What you should do: Among the entries, which lines carry the string "elim"? Copy each of them.

*** Opening of Dataset records ***

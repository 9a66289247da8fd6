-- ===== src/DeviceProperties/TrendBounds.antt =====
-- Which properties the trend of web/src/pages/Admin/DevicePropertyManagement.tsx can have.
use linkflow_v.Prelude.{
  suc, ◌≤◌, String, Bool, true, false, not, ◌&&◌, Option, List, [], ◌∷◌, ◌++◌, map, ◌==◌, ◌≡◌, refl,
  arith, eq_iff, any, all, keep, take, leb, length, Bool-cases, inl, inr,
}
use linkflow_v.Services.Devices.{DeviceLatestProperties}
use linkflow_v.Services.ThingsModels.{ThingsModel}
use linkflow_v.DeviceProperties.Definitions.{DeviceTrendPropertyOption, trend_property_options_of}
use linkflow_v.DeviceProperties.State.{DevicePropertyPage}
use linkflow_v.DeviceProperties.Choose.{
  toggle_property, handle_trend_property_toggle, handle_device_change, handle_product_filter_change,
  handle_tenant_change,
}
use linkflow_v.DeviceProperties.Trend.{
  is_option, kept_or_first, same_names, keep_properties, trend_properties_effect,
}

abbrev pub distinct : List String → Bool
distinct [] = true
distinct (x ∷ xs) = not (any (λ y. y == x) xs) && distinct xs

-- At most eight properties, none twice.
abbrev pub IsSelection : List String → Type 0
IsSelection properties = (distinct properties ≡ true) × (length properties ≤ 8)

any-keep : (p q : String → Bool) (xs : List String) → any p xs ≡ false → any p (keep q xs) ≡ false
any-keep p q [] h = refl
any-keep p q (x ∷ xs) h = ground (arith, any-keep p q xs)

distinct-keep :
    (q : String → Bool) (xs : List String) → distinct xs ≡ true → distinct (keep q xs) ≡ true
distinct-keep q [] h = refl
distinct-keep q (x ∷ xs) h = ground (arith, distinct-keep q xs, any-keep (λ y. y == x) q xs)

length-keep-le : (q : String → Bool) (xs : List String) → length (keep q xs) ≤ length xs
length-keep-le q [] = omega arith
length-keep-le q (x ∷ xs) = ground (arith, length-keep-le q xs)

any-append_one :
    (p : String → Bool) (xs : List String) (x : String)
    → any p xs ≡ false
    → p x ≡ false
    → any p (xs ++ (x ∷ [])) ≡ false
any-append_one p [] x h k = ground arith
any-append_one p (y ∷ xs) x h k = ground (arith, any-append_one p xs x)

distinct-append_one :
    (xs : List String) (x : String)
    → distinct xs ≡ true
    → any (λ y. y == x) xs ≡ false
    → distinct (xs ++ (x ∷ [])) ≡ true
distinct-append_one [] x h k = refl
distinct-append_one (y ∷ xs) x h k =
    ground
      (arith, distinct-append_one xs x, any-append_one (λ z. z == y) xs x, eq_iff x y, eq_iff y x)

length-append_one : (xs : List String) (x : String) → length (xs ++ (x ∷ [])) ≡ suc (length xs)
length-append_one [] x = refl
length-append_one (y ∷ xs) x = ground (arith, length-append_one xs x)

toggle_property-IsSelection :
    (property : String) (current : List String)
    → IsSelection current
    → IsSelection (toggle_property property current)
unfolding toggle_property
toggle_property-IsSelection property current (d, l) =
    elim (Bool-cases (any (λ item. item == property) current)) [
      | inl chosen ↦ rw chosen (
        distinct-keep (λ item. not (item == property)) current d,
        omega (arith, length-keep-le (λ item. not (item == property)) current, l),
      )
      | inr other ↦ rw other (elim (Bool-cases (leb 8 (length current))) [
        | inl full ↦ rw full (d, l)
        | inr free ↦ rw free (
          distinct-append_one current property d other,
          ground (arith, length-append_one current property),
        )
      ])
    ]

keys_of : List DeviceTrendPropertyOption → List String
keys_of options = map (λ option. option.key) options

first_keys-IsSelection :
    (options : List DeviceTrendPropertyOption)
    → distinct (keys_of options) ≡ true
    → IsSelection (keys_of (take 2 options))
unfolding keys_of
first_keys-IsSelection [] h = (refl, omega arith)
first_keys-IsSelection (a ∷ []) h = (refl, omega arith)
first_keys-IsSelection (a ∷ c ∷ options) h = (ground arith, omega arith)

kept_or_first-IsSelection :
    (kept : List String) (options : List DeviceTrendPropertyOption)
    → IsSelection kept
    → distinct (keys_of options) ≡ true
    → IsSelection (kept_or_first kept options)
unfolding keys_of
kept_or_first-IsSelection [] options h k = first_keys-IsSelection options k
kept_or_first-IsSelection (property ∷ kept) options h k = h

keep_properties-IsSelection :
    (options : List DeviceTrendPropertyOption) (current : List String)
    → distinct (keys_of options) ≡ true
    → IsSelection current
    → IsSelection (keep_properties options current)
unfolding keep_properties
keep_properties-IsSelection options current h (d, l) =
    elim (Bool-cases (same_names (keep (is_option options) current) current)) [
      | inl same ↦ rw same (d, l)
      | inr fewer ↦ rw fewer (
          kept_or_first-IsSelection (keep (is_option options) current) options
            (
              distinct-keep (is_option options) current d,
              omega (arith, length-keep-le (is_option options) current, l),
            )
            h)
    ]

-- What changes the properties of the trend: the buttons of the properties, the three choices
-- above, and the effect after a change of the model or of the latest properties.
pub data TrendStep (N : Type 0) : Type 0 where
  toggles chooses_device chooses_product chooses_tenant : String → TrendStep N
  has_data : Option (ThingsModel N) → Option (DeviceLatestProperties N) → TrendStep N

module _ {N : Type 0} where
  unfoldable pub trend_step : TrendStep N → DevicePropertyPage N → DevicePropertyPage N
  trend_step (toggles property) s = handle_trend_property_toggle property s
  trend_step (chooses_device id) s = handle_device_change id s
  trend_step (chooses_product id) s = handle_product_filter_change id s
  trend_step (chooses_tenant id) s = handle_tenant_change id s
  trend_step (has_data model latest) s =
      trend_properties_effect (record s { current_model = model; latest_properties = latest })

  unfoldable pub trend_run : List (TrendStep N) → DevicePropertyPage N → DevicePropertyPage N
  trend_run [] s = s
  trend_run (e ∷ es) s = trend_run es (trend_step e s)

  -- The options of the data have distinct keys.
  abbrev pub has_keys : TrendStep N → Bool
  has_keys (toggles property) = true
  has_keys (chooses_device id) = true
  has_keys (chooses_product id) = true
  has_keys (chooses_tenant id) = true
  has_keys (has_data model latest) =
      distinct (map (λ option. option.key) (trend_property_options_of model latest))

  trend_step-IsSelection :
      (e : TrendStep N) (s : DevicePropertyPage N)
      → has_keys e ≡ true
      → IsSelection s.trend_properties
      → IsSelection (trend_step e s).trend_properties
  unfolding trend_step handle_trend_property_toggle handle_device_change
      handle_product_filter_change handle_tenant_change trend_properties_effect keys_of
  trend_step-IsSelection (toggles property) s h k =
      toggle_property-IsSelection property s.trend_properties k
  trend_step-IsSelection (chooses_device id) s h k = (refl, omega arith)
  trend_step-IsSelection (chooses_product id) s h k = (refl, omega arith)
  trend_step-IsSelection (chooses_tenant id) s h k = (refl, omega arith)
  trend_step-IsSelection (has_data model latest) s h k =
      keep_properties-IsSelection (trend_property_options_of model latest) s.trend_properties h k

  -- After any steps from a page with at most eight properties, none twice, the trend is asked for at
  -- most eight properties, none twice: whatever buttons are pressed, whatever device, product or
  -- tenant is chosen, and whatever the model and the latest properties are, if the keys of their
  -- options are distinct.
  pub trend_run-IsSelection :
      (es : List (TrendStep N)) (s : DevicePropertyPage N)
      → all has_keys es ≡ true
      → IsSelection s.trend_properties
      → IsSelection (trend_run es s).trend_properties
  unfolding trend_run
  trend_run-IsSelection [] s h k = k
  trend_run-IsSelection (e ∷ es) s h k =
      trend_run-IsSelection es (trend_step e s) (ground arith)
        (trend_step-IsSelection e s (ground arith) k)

*** Close of Dataset records ***

Written reply:
    elim (Bool-cases (any (λ item. item == property) current)) [
      | inr other ↦ rw other (elim (Bool-cases (leb 8 (length current))) [
    elim (Bool-cases (same_names (keep (is_option options) current) current)) [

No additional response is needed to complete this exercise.